Я взял Любу за плечи. Даже сквозь платье я чувствовал, какие они были горячие.
Я понимал, что ей надо сказать то главное, что говорят человеку раз в жизни, чтобы его спасти. Но я не мог сказать этих главных слов о любви, помощи. Я не мог их сказать, как бы ни хотел этого. Может быть, надо было солгать, если бы была уверенность, что от этого Любе станет легче. Мои слова уже были сказаны давно, там, в Белоруссии, когда Леля, умирая, слегка оттолкнула меня и в глазах ее стояли, не проливаясь, глубокие слезы.
Да и не мои слова были нужны Любе. Слова эти должен был сказать дядя Гриша. Но что он мог, этот спившийся, дрожащий, хлипкий старик, живущий на свете из жалости.
И я ничего не сказал. Я взял руку Любы и пожал ее, а она быстро взглянула на меня сквозь слипшиеся от слез ресницы и погладила меня рукой по щеке.
Как бы ни ухмылялись серьезные люди, что бы они ни говорили о сентиментальности, я пронес этот взгляд через жизнь и никогда его не забуду.
В коридоре послышались быстрые шаги, звон шпор, громкие голоса. Я оглянулся. Весь коридор был заполнен толпой испуганных постояльцев гостиницы.
В комнату вошел тощий пристав с городовыми. Городовые вежливо придерживали шашки.
– - Прошу вас, барышня,-- сказал пристав сурово и как будто с сожалением.
Люба быстро встала и вышла, ни на кого не глядя. Она даже ни разу не обернулась.
Черного человека унесли. Девушки плакали, обнявшись, а дядя Гриша судорожно пил рябиновку -- стакан за стаканом, как воду.
Тогда человек на костылях, молчавший весь вечер, подошел к двери, закрыл ее и сказал:
– - Мы -- свидетели. На суде
Тогда встал дядя Гриша. Он пристально посмотрел на человека на костылях и сказал очень веско:
– - Милостивый государь! Не вам учить меня законам благородства по отношению к женщине. Я всосал эти качества с молоком матери. Если судьба довела меня до падения, то это никому не дает права оскорблять мое достоинство. Я вам прощаю только потому, что вы поступили по-рыцарски.

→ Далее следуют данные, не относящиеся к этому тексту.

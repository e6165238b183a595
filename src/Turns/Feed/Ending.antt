-- ===== src/Turns/Feed/Ending.antt =====
-- The end of a subscription of turns/feed.go, and the sets it leaves consistent.
use ferngeist_acp_gateway.Prelude.{
  is_empty, ℕ, ◌≤◌, ◌<◌, ◌≡◌, ◌≢◌, refl, sym, ap, subst, ◌∙◌, true, false, Option, none, some, List,
  [], ◌∷◌, String, by_text, by_number, arith, All, length, Bool-cases, Option-cases, inl, inr, ◌⊎◌,
  ◌==◌, if◌then◌else◌, Bool, beq→eq, if-cases,
}
use ferngeist_acp_gateway.Map
use ferngeist_acp_gateway.Map.{Map}
use ferngeist_acp_gateway.Turns.Feed.{
  Feed, Subscription, FeedError, max_queued_changes, max_subscriptions, max_streams_per_device,
  streams_of, without, leave_device, forget_last, end_found, end_sub,
}

-- A stream of a device's list is an active subscription of the device.
abbrev pub IsStream : Map ℕ Subscription → String → ℕ → Type 0
IsStream subs device_id id =
    (sub : Subscription) × (Map.lookup id subs ≡ some sub)
    × (sub.active ≡ true)
    × (sub.device_id ≡ device_id)

unfoldable pub is_among : ℕ → List ℕ → Bool
is_among id [] = false
is_among id (x ∷ l) = let rest = is_among id l in if x == id then true else rest

pub record IsListed (subs : Map ℕ Subscription) (by_device : Map String (List ℕ)) (next_sub : ℕ)
    : Type 0 where
  pub queued :
      (id : ℕ) (sub : Subscription)
      → Map.lookup id subs ≡ some sub
      → length sub.changes ≤ max_queued_changes
  pub waiting :
      (id : ℕ) (sub : Subscription)
      → Map.lookup id subs ≡ some sub
      → sub.pending ≡ true
      → (sub.active ≡ false) × (sub.changes ≡ [])
  pub known : (id : ℕ) (sub : Subscription) → Map.lookup id subs ≡ some sub → id < next_sub
  pub listed :
      (device_id : String) (l : List ℕ)
      → Map.lookup device_id by_device ≡ some l
      → All (IsStream subs device_id) l

-- An active subscription is one of its device's streams.
abbrev pub IsCounted : Map ℕ Subscription → Map String (List ℕ) → Type 0
IsCounted subs by_device =
    (id : ℕ) (sub : Subscription)
    → Map.lookup id subs ≡ some sub
    → sub.active ≡ true
    → is_among id (streams_of (Map.lookup sub.device_id by_device)) ≡ true

abbrev pub IsCapped : ℕ → Map String (List ℕ) → Type 0
IsCapped cap by_device =
    (device_id : String) (l : List ℕ) → Map.lookup device_id by_device ≡ some l → length l ≤ cap

pub record IsSound (f : Feed) : Type 0 where
  pub few : Map.size f.subs ≤ max_subscriptions
  pub consistent : IsListed f.subs f.by_device f.next_sub
  pub counted : IsCounted f.subs f.by_device
  pub capped : IsCapped max_streams_per_device f.by_device

pub All-without :
    (P Q : ℕ → Type 0) (id : ℕ) (l : List ℕ)
    → ((x : ℕ) → id ≢ x → P x → Q x)
    → All P l
    → All Q (without id l)
unfolding without
All-without P Q id [] h a = tt
All-without P Q id (x ∷ l) h a = elim (Bool-cases (x == id)) [
  | inl q ↦ rw q (All-without P Q id l h a.1)
  | inr q ↦ rw q (h x (λ e. ground arith) a.0, All-without P Q id l h a.1)
]

pub All-map : (P Q : ℕ → Type 0) (l : List ℕ) → ((x : ℕ) → P x → Q x) → All P l → All Q l
All-map P Q [] h a = tt
All-map P Q (x ∷ l) h a = (h x a.0, All-map P Q l h a.1)

pub length-without : (id : ℕ) (l : List ℕ) → length (without id l) ≤ length l
unfolding without
length-without id [] = omega arith
length-without id (x ∷ l) = ground (arith, length-without id l)

-- A device's streams without one of them.
pub leave_device-some :
    (id : ℕ) (device_id d : String) (by_device : Map String (List ℕ)) (l : List ℕ)
    → Map.lookup d (leave_device id device_id by_device) ≡ some l
    → ((device_id ≡ d) × (l ≡ without id (streams_of (Map.lookup d by_device))))
      ⊎ ((device_id ≢ d) × (Map.lookup d by_device ≡ some l))
unfolding leave_device
leave_device-some id device_id d by_device l h =
    let left = without id (streams_of (Map.lookup device_id by_device)) in
    elim (Bool-cases (is_empty left)) [
      | inl q ↦
          let (g, ne) = Map.lookup-delete-some d device_id by_device (rw q at h) in inr (ne, g)
      | inr q ↦ elim (Map.lookup-insert-some d device_id left by_device (rw q at h)) [
        | inl (e, g) ↦ inl (e, sym g ∙ ap (λ x. without id (streams_of (Map.lookup x by_device))) e)
        | inr (ne, g) ↦ inr (ne, g)
      ]
    ]

pub All-streams :
    (P : ℕ → Type 0) (o : Option (List ℕ))
    → ((l : List ℕ) → o ≡ some l → All P l)
    → All P (streams_of o)
All-streams P none h = tt
All-streams P (some l) h = h l refl

-- A stream that is another subscription is one still.
pub stays :
    (subs : Map ℕ Subscription) (d : String) (id x : ℕ)
    → id ≢ x
    → IsStream subs d x
    → IsStream (Map.delete id subs) d x
stays subs d id x ne (sub, f, a, e) = (sub, Map.lookup-delete_ne x id subs ne ∙ f, a, e)

apart :
    (subs : Map ℕ Subscription) (d : String) (id x : ℕ) (sub : Subscription)
    → Map.lookup id subs ≡ some sub
    → IsStream subs d x
    → (sub.active ≡ false) ⊎ (sub.device_id ≢ d)
    → id ≢ x
apart subs d id x sub f (s, g, a, dev) h e =
    let same : some sub ≡ some s = sym f ∙ (ap (λ j. Map.lookup j subs) e ∙ g) in
    elim h [ inl q ↦ ground arith | inr ne ↦ ne (ground arith) ]

is_among-without : (id x : ℕ) (l : List ℕ) → id ≢ x → is_among x (without id l) ≡ is_among x l
unfolding without is_among
is_among-without id x [] ne = refl
is_among-without id x (y ∷ l) ne = ground (
  arith,
  is_among-without id x l ne,
  by_number.same_key_iff y id,
  by_number.same_key_iff y x,
  by_number.same_key_iff id x,
)

is_among-some : (x : ℕ) (l : List ℕ) → is_among x l ≡ true → is_empty l ≡ false
unfolding is_among
is_among-some x [] h = absurd (ground arith)
is_among-some x (y ∷ l) h = refl

leave_device-is_among :
    (id x : ℕ) (device_id d : String) (by_device : Map String (List ℕ))
    → id ≢ x
    → is_among x (streams_of (Map.lookup d by_device)) ≡ true
    → is_among x (streams_of (Map.lookup d (leave_device id device_id by_device))) ≡ true
unfolding leave_device
leave_device-is_among id x device_id d by_device ne a =
    let old = streams_of (Map.lookup device_id by_device) in
    let left = without id old in
    elim (Bool-cases (device_id == d)) [
      | inl q ↦
          let own : is_among x old ≡ true =
            ap (λ k. is_among x (streams_of (Map.lookup k by_device))) (beq→eq device_id d q) ∙ a in
          let among : is_among x left ≡ true = is_among-without id x old ne ∙ own in
          rw (is_among-some x left among, Map.lookup-insert d device_id left by_device, q) among
      | inr q ↦
          if-cases (λ m. is_among x (streams_of (Map.lookup d m)) ≡ true) (is_empty left)
            (λ e. rw (Map.lookup-delete d device_id by_device, q) a)
            (λ e. rw (Map.lookup-insert d device_id left by_device, q) a)
    ]

abbrev pub left_devices : ℕ → Subscription → Map String (List ℕ) → Map String (List ℕ)
left_devices id sub by_device =
    if sub.active then leave_device id sub.device_id by_device else by_device

-- Where a subscription leaves, the rest is consistent.
pub delete-IsListed :
    (subs : Map ℕ Subscription) (by_device : Map String (List ℕ)) (next id : ℕ) (sub : Subscription)
    → IsListed subs by_device next
    → Map.lookup id subs ≡ some sub
    → IsListed (Map.delete id subs) (left_devices id sub by_device) next
delete-IsListed subs by_device next id sub c f = record {
  queued = λ j s g. c.queued j s (Map.lookup-delete-some j id subs g).0;
  waiting = λ j s g. c.waiting j s (Map.lookup-delete-some j id subs g).0;
  known = λ j s g. c.known j s (Map.lookup-delete-some j id subs g).0;
  listed = λ d l g. elim (Bool-cases sub.active) [
    | inr q ↦
        All-map (IsStream subs d) (IsStream (Map.delete id subs) d) l
          (λ x t. stays subs d id x (apart subs d id x sub f t (inl q)) t)
          (c.listed d l (rw q at g))
    | inl q ↦ elim (leave_device-some id sub.device_id d by_device l (rw q at g)) [
      | inl (e, same) ↦ subst (All (IsStream (Map.delete id subs) d)) (sym same) (
          All-without (IsStream subs d) (IsStream (Map.delete id subs) d) id _
            (λ x ne t. stays subs d id x ne t)
            (All-streams (IsStream subs d) (Map.lookup d by_device) (c.listed d)))
      | inr (ne, h) ↦
          All-map (IsStream subs d) (IsStream (Map.delete id subs) d) l
            (λ x t. stays subs d id x (apart subs d id x sub f t (inr ne)) t) (c.listed d l h)
    ]
  ];
}

pub delete-IsCounted :
    (subs : Map ℕ Subscription) (by_device : Map String (List ℕ)) (id : ℕ) (sub : Subscription)
    → IsCounted subs by_device
    → IsCounted (Map.delete id subs) (left_devices id sub by_device)
delete-IsCounted subs by_device id sub c j s g a =
    let (h, ne) = Map.lookup-delete-some j id subs g in
    elim (Bool-cases sub.active) [
      | inr q ↦ rw q (c j s h a)
      | inl q ↦ rw q (leave_device-is_among id j sub.device_id s.device_id by_device ne (c j s h a))
    ]

-- A subscription that is written is counted, and no stream leaves.
pub insert-IsCounted :
    (subs : Map ℕ Subscription) (by_device by_device' : Map String (List ℕ)) (id : ℕ)
    (sub : Subscription)
    → IsCounted subs by_device
    → ((j : ℕ) (d : String)
        → is_among j (streams_of (Map.lookup d by_device)) ≡ true
        → is_among j (streams_of (Map.lookup d by_device')) ≡ true)
    → (sub.active ≡ true → is_among id (streams_of (Map.lookup sub.device_id by_device')) ≡ true)
    → IsCounted (Map.insert id sub subs) by_device'
insert-IsCounted subs by_device by_device' id sub c kept own j s g a =
    elim (Map.lookup-insert-some j id sub subs g) [
      | inr (ne, h) ↦ kept j s.device_id (c j s h a)
      | inl (e, same) ↦
          subst (λ x. is_among x (streams_of (Map.lookup s.device_id by_device')) ≡ true) e
            (subst
              (λ x.
                x.active ≡ true
                → is_among id (streams_of (Map.lookup x.device_id by_device')) ≡ true)
              same own a)
    ]

-- The lists of the other devices do not grow, and the device's own does not either.
pub left_devices-IsCapped :
    (cap id : ℕ) (sub : Subscription) (by_device : Map String (List ℕ))
    → IsCapped cap by_device
    → IsCapped cap (left_devices id sub by_device)
left_devices-IsCapped cap id sub by_device h d l g = elim (Bool-cases sub.active) [
  | inr q ↦ h d l (rw q at g)
  | inl q ↦ elim (leave_device-some id sub.device_id d by_device l (rw q at g)) [
    | inr (ne, f) ↦ h d l f
    | inl (e, same) ↦ elim (Option-cases (Map.lookup d by_device)) [
      | inl f ↦ let same' : l ≡ without id [] = rw f at same in shorter id [] l same' (omega arith)
      | inr (old, f) ↦
          let same' : l ≡ without id old = rw f at same in shorter id old l same' (h d old f)
    ]
  ]
]
  where
    shorter : (id : ℕ) (old l : List ℕ) → l ≡ without id old → length old ≤ cap → length l ≤ cap
    shorter id old l e h =
        let less : length l ≤ length old =
          subst (λ x. length x ≤ length old) (sym e) (length-without id old) in
        omega (arith, less)

pub forget_last-IsSound : (f : Feed) → IsSound f → IsSound (forget_last f)
unfolding forget_last
forget_last-IsSound f h = elim (Bool-cases (Map.size f.subs == 0)) [
  | inl q ↦
      rw q
        (record { few = h.few; consistent = h.consistent; counted = h.counted; capped = h.capped })
  | inr q ↦ rw q h
]

pub end_sub-IsSound :
    (id : ℕ) (e : Option FeedError) (f : Feed) → IsSound f → IsSound (end_sub id e f)
unfolding end_sub end_found
end_sub-IsSound id e f h = elim (Option-cases (Map.lookup id f.subs)) [
  | inl q ↦ rw (q, end_sub) h
  | inr (sub, q) ↦
      rw (q, end_sub)
        (forget_last-IsSound _ (record {
          few = omega (arith, Map.size-delete-le id f.subs, h.few);
          consistent = delete-IsListed f.subs f.by_device f.next_sub id sub h.consistent q;
          counted = delete-IsCounted f.subs f.by_device id sub h.counted;
          capped = left_devices-IsCapped max_streams_per_device id sub f.by_device h.capped;
        }))
]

И дядя Гриша крепко пожал руку человеку на костылях.
С этого вечера у меня что-то резко надломилось в сознании. Все, чего я раньше чурался, теперь меня не пугало. Я перестал относиться к людям так мимолетно, как относился раньше.

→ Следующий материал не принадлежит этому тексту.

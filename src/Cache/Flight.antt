-- ===== src/Cache/Flight.antt =====
-- `Get` of the `Manager` of pkg/cache/cache.go as its goroutines interleave: the lookup, the map of
-- calls in flight (`sfCalls`), the reading of the storage, the admission, and the wait for another's
-- call. The parts are those of Cache.Calls; each is one step, and between two steps anything may
-- change the cache and the storage. A goroutine that is done starts its next call under a number that
-- is new.
pub mod Invariant
pub mod Leaders
pub mod Progress
pub mod Alone
mod Tests
use jaydb.Base.{
  ℕ, ◌≡◌, ◌==◌, [], Str, Bool, true, false, Option, none, some, if◌then◌else◌, StrMap, lookup,
  insert, erase, Result, ok, err,
}
use jaydb.Storage.{Object, Error, Driver}
use jaydb.Cache.Budget.{Run, done}
use jaydb.Cache.Shard.{find_element, touch}
use jaydb.Cache.Manager.{shard_of, add_uint64}
use jaydb.Cache.Calls.{
  World, put_manager, put_shard, shard_for, invalidate, admit_some, is_fresh, count_hit, count_miss,
}

abbrev pub Answer : Type 0
Answer = Result Error (Option Object)

-- Where a call of `Get` stands. The number of a call's leader stands for the `singleflightCall`.
pub data Phase : Type 0 where
  idle : Phase
  hit : Answer → Phase
  missed : Str → Phase
  leading : Str → Phase
  fetched : Str → Answer → Phase
  settled : Str → Answer → Phase
  removed : Answer → Phase
  closed : Answer → Phase
  waiting : ℕ → Phase
  joined : ℕ → Answer → Phase
  cancelled : Str → Phase

-- One manager with its storage, the calls in flight by their keys, and the calls of `Get`.
pub record Flights (D : Type 0) : Type 0 where
  pub world : World
  pub disk : D
  pub in_flight : StrMap ℕ
  pub sf_hits : ℕ
  pub phase : ℕ → Phase

abbrev pub moved : (ℕ → Phase) → ℕ → Phase → ℕ → Phase
moved phase i p j = if j == i then p else phase j

-- The lookup under the shard's lock, with the count of the hit or the miss.
unfoldable pub look_up : ℕ → Str → ℕ → ℕ → World → Option Object × World
look_up e key asked now w =
    let m = w.pool e in
    let s = shard_for key m in
    elim (find_element key s) [
      | none ↦ (none, put_manager e (count_miss m) w)
      | some (i, x) ↦ elim (is_fresh m x.last_accessed asked) [
        | false ↦ (none, put_manager e (count_miss m) w)
        | true ↦ (
          some x.object,
          put_manager e (count_hit (put_shard (shard_of key) (touch i x now s) m)) w,
        )
      ]
    ]

abbrev pub after_lookup : Str → Option Object → Phase
after_lookup key none = missed key
after_lookup key (some o) = hit (ok (some o))

-- What the leader makes of the storage's answer.
unfoldable pub settle : (ℕ → Bool) → ℕ → ℕ → Str → ℕ → Answer → World → Run World
settle config fuel e key now (err x) w = done (invalidate e key w)
settle config fuel e key now (ok o) w = admit_some config fuel e key o now w

module _ {D : Type 0} where
  abbrev pub at : Flights D → ℕ → Phase → Flights D
  at f i p = record f { phase = moved f.phase i p }

  unfoldable pub start : ℕ → ℕ → Str → ℕ → ℕ → Flights D → Flights D
  start e i key asked now f =
      let (o, w) = look_up e key asked now f.world in
      record f { world = w; phase = moved f.phase i (after_lookup key o) }

  -- `LoadOrStore`
  unfoldable pub load_or_store : ℕ → Str → Flights D → Flights D
  load_or_store i key f = elim (lookup key f.in_flight) [
    | none ↦ record f {
      in_flight = insert key i f.in_flight;
      phase = moved f.phase i (leading key);
    }
    | some j ↦ record f { sf_hits = add_uint64 f.sf_hits 1; phase = moved f.phase i (waiting j) }
  ]

  -- `sfCalls.Delete`
  unfoldable pub remove : ℕ → Str → Answer → Flights D → Flights D
  remove i key r f = record f {
    in_flight = erase key f.in_flight;
    phase = moved f.phase i (removed r);
  }

-- Which call takes a step, with what it reads of the clock; or a change from outside.
pub data Label : Type 0 where
  began : ℕ → Str → ℕ → ℕ → Label
  went_on : ℕ → Label
  stored : ℕ → ℕ → Label
  changed : Label

abbrev pub taker : Label → Option ℕ
taker (began i key asked now) = some i
taker (went_on i) = some i
taker (stored i now) = some i
taker changed = none

module _ (config : ℕ → Bool) {D : Type 0} (driver : Driver D) (fuel e : ℕ) where
  open driver use {get}

  pub data Step : Flights D → Flights D → Type 0 where
    begin :
        (f : Flights D) (i : ℕ) (key : Str) (asked now : ℕ)
        → f.phase i ≡ idle
        → Step f (start e i key asked now f)
    enter :
        (f : Flights D) (i : ℕ) (key : Str)
        → f.phase i ≡ missed key
        → Step f (load_or_store i key f)
    read :
        (f : Flights D) (i : ℕ) (key : Str)
        → f.phase i ≡ leading key
        → Step f (at f i (fetched key (get key f.disk)))
    store :
        (f : Flights D) (i : ℕ) (key : Str) (r : Answer) (now : ℕ) (w : World)
        → f.phase i ≡ fetched key r
        → settle config fuel e key now r f.world ≡ done w
        → Step f (record (at f i (settled key r)) { world = w })
    leave :
        (f : Flights D) (i : ℕ) (key : Str) (r : Answer)
        → f.phase i ≡ settled key r
        → Step f (remove i key r f)
    close :
        (f : Flights D) (i : ℕ) (r : Answer) → f.phase i ≡ removed r → Step f (at f i (closed r))
    wake :
        (f : Flights D) (i j : ℕ) (r : Answer)
        → f.phase i ≡ waiting j
        → f.phase j ≡ closed r
        → Step f (at f i (joined j r))
    cancel :
        (f : Flights D) (i j : ℕ) (c : Str) → f.phase i ≡ waiting j → Step f (at f i (cancelled c))
    change : (f : Flights D) (w : World) (disk : D) → Step f (record f { world = w; disk = disk })

  pub data Reach (f : Flights D) : Flights D → Type 0 where
    here : Reach f f
    next : {g h : Flights D} → Reach f g → Step g h → Reach f h

  abbrev pub label : {f g : Flights D} → Step f g → Label
  label (begin f i key asked now h) = began i key asked now
  label (enter f i key h) = went_on i
  label (read f i key h) = went_on i
  label (store f i key r now w h d) = stored i now
  label (leave f i key r h) = went_on i
  label (close f i r h) = went_on i
  label (wake f i j r h k) = went_on i
  label (cancel f i j c h) = went_on i
  label (change f w disk) = changed

  -- A run of steps of some labels alone.
  pub data Within (ok : Label → Type 0) (f : Flights D) : Flights D → Type 0 where
    none_yet : Within ok f f
    also : {g h : Flights D} → Within ok f g → (s : Step g h) → ok (label s) → Within ok f h

-- No call has begun.
abbrev pub initial : {D : Type 0} → World → D → Flights D
initial w disk = record { world = w; disk = disk; in_flight = []; sf_hits = 0; phase = λ i. idle }

-- `Stats`
abbrev pub stats : {D : Type 0} → ℕ → Flights D → ℕ × ℕ × ℕ
stats e f = ((f.world.pool e).hits, (f.world.pool e).misses, f.sf_hits)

С тех пор я понял, что надо искать каждый проблеск человечности в окружающих, как бы они ни казались нам чуждыми и неинтересными.

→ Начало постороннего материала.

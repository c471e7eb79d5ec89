-- ===== src/Cache/Flight/Invariant.antt =====
-- What the calls in flight and those who wait for them have in common, and how it survives a call's
-- next phase.
use jaydb.Base.{
  ℕ, ◌⊎◌, ◌≡◌, refl, sym, ap, ◌∙◌, inl, inr, ◌==◌, Str, Bool, true, false, Option, none, some,
  StrMap, lookup, arith, Bool-cases,
}
use jaydb.Cache.Flight.{
  Answer, Phase, idle, hit, missed, leading, fetched, settled, removed, closed, waiting, joined,
  cancelled, Flights, moved, at,
}
use jaydb.Cache.Calls.{World}

-- The key whose fetch a call leads, as long as its entry is in the map.
abbrev pub leads : Phase → Option Str
leads idle = none
leads (hit r) = none
leads (missed key) = none
leads (leading key) = some key
leads (fetched key r) = some key
leads (settled key r) = some key
leads (removed r) = none
leads (closed r) = none
leads (waiting j) = none
leads (joined j r) = none
leads (cancelled c) = none

-- A call that leads a fetch or has led one.
abbrev pub has_led : Phase → Bool
has_led idle = false
has_led (hit r) = false
has_led (missed key) = false
has_led (leading key) = true
has_led (fetched key r) = true
has_led (settled key r) = true
has_led (removed r) = true
has_led (closed r) = true
has_led (waiting j) = false
has_led (joined j r) = false
has_led (cancelled c) = false

abbrev pub Led : StrMap ℕ → (ℕ → Phase) → Type 0
Led m phase = (key : Str) (i : ℕ) → lookup key m ≡ some i → leads (phase i) ≡ some key

abbrev pub Held : StrMap ℕ → (ℕ → Phase) → Type 0
Held m phase = (i : ℕ) (key : Str) → leads (phase i) ≡ some key → lookup key m ≡ some i

abbrev pub Awaited : (ℕ → Phase) → Type 0
Awaited phase = (i j : ℕ) → phase i ≡ waiting j → has_led (phase j) ≡ true

abbrev pub Shared : (ℕ → Phase) → Type 0
Shared phase = (i j : ℕ) (r : Answer) → phase i ≡ joined j r → phase j ≡ closed r

-- The map has exactly the calls that lead, and a call that waits or has waited does so for one that
-- leads or has led, and returned the same.
pub record IsSound {D : Type 0} (f : Flights D) : Type 0 where
  pub led : Led f.in_flight f.phase
  pub held : Held f.in_flight f.phase
  pub awaited : Awaited f.phase
  pub shared : Shared f.phase

module _ (phase : ℕ → Phase) (i : ℕ) (p : Phase) where
  pub moved_self : moved phase i p i ≡ p
  moved_self = ground (arith)

  moved_other : (j : ℕ) → (j == i) ≡ false → moved phase i p j ≡ phase j
  moved_other j e = rw e refl

  pub moved-cases : (j : ℕ) → ((j ≡ i) × (moved phase i p j ≡ p)) ⊎ (moved phase i p j ≡ phase j)
  moved-cases j = elim (Bool-cases (j == i)) [
    | inl e ↦ inl (ground (arith, e), rw e refl)
    | inr e ↦ inr (rw e refl)
  ]

  pub moved-Led : (m : StrMap ℕ) → leads p ≡ leads (phase i) → Led m phase → Led m (moved phase i p)
  moved-Led m s l key j h = elim (moved-cases j) [
    | inl (e, q) ↦ ap leads q ∙ s ∙ ap (λ k. leads (phase k)) (sym e) ∙ l key j h
    | inr q ↦ ap leads q ∙ l key j h
  ]

  pub moved-Held :
      (m : StrMap ℕ) → leads p ≡ leads (phase i) → Held m phase → Held m (moved phase i p)
  moved-Held m s l j key h = elim (moved-cases j) [
    | inl (e, q) ↦ l j key (ap (λ k. leads (phase k)) e ∙ sym s ∙ ap leads (sym q) ∙ h)
    | inr q ↦ l j key (ap leads (sym q) ∙ h)
  ]

  keeps_led :
      (has_led (phase i) ≡ true → has_led p ≡ true)
      → (j : ℕ) → has_led (phase j) ≡ true
      → has_led (moved phase i p j) ≡ true
  keeps_led k j h = elim (moved-cases j) [
    | inl (e, q) ↦ ap has_led q ∙ k (ap (λ n. has_led (phase n)) (sym e) ∙ h)
    | inr q ↦ ap has_led q ∙ h
  ]

  pub moved-Awaited :
      (has_led (phase i) ≡ true → has_led p ≡ true)
      → ((j : ℕ) → p ≡ waiting j → has_led (phase j) ≡ true)
      → Awaited phase
      → Awaited (moved phase i p)
  moved-Awaited k w a n j h = elim (moved-cases n) [
    | inl (e, q) ↦ keeps_led k j (w j (sym q ∙ h))
    | inr q ↦ keeps_led k j (a n j (sym q ∙ h))
  ]

  keeps_closed :
      ((r : Answer) → ¬ (phase i ≡ closed r))
      → (j : ℕ) (r : Answer) → phase j ≡ closed r
      → moved phase i p j ≡ closed r
  keeps_closed o j r h = elim (moved-cases j) [
    | inl (e, q) ↦ absurd (o r (ap phase (sym e) ∙ h))
    | inr q ↦ q ∙ h
  ]

  pub moved-Shared :
      ((r : Answer) → ¬ (phase i ≡ closed r))
      → ((j : ℕ) (r : Answer) → p ≡ joined j r → phase j ≡ closed r)
      → Shared phase
      → Shared (moved phase i p)
  moved-Shared o w a n j r h = elim (moved-cases n) [
    | inl (e, q) ↦ keeps_closed o j r (w j r (sym q ∙ h))
    | inr q ↦ keeps_closed o j r (a n j r (sym q ∙ h))
  ]

module _ {D : Type 0} (f : Flights D) (v : IsSound f) (i : ℕ) (p : Phase) where
  -- A call that moves on with its entry of the map as it was.
  quiet :
      leads p ≡ leads (f.phase i)
      → (has_led (f.phase i) ≡ true → has_led p ≡ true)
      → ((r : Answer) → ¬ (f.phase i ≡ closed r))
      → ((j : ℕ) → p ≡ waiting j → has_led (f.phase j) ≡ true)
      → ((j : ℕ) (r : Answer) → p ≡ joined j r → f.phase j ≡ closed r)
      → IsSound (at f i p)
  quiet s k o w c = record {
    led = moved-Led f.phase i p f.in_flight s v.led;
    held = moved-Held f.phase i p f.in_flight s v.held;
    awaited = moved-Awaited f.phase i p k w v.awaited;
    shared = moved-Shared f.phase i p o c v.shared;
  }

  -- From a phase that has not led: neither entries nor waiters are concerned.
  pub from_open :
      (q : Phase)
      → f.phase i ≡ q
      → leads p ≡ leads q
      → (has_led q ≡ true → has_led p ≡ true)
      → ((r : Answer) → ¬ (q ≡ closed r))
      → ((j : ℕ) → p ≡ waiting j → has_led (f.phase j) ≡ true)
      → ((j : ℕ) (r : Answer) → p ≡ joined j r → f.phase j ≡ closed r)
      → IsSound (at f i p)
  from_open q e s k o w c =
      quiet (s ∙ ap leads (sym e)) (λ h. k (ap has_led (sym e) ∙ h)) (λ r h. o r (sym e ∙ h)) w c

pub in_world :
    {D : Type 0} (f : Flights D) (w : World) (disk : D)
    → IsSound f
    → IsSound (record f { world = w; disk = disk })
in_world f w disk v = record { led = v.led; held = v.held; awaited = v.awaited; shared = v.shared }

Есть в каждом сердце струна. Она обязательно отзовется даже на слабый призыв прекрасного.
Вскоре после этого случая с Любой я перебрался из гостиницы "Великобритания" на завод, в чертежную комнату при снарядном цехе.
Помог мне в этом чертежник Гринько -- вялый чахоточный человек, бывший эсер. Он зашел однажды ко мне в номер, ужаснулся гостиничной вони и уговорил меня переехать в чертежную, хотя мне оставалось жить в Юзовке уже недолго.
В чертежной работал только один Гринько. Я приходил из цеха поздно и ночевал на деревянном диване.
Жизнь завода была так далека от удушливой жизни в гостинице, что казалось, между заводом и "Великобританией" протянулись сотни верст.
Каждый вечер после работы я ходил в бессемеровский цех. Часами я мог смотреть, как из исполинских вращающихся печей, похожих на стальные груши высотой в три этажа, льется расплавленная сталь.
По ночам я ходил смотреть на каждый выпуск чугуна из доменных печей. Зрелище было зловещее. Чугун лился по канавам в земле, дымясь багровым паром. Все вокруг было густо окрашено только в два цвета -- черный и красный. Рабочие в зареве жидкого чугуна были похожи на выходцев из ада.
Иногда я ходил в рельсопрокатный цех. Огромные вальцы, вздрагивая и скрежеща, заглатывали раскаленные добела стальные болванки и мяли их в своей металлической холодной пасти, чтобы выбросить вместо толстой болванки длинный брус. Он быстро шел из одних вальцов в другие, все время вытягиваясь, пока не превращался в темно-багровый рельс.
Готовые рельсы катились около самых ног по железным каткам, мерцая сотнями искр.
Все вокруг гремело, скрежетало, лязгало, свистело паром, дымило, сыпало искрами, ухало и звенело. Сквозь грохот доносились протяжные крики: "Берегись!" Рабочие быстро катили на стальных тачках раскаленные болванки. Если встречный не успевал вовремя отскочить, на нем начинала тлеть одежда. Кран проносил над головой такую же раскаленную болванку, придерживая ее в воздухе, как краб, двумя стальными клешнями.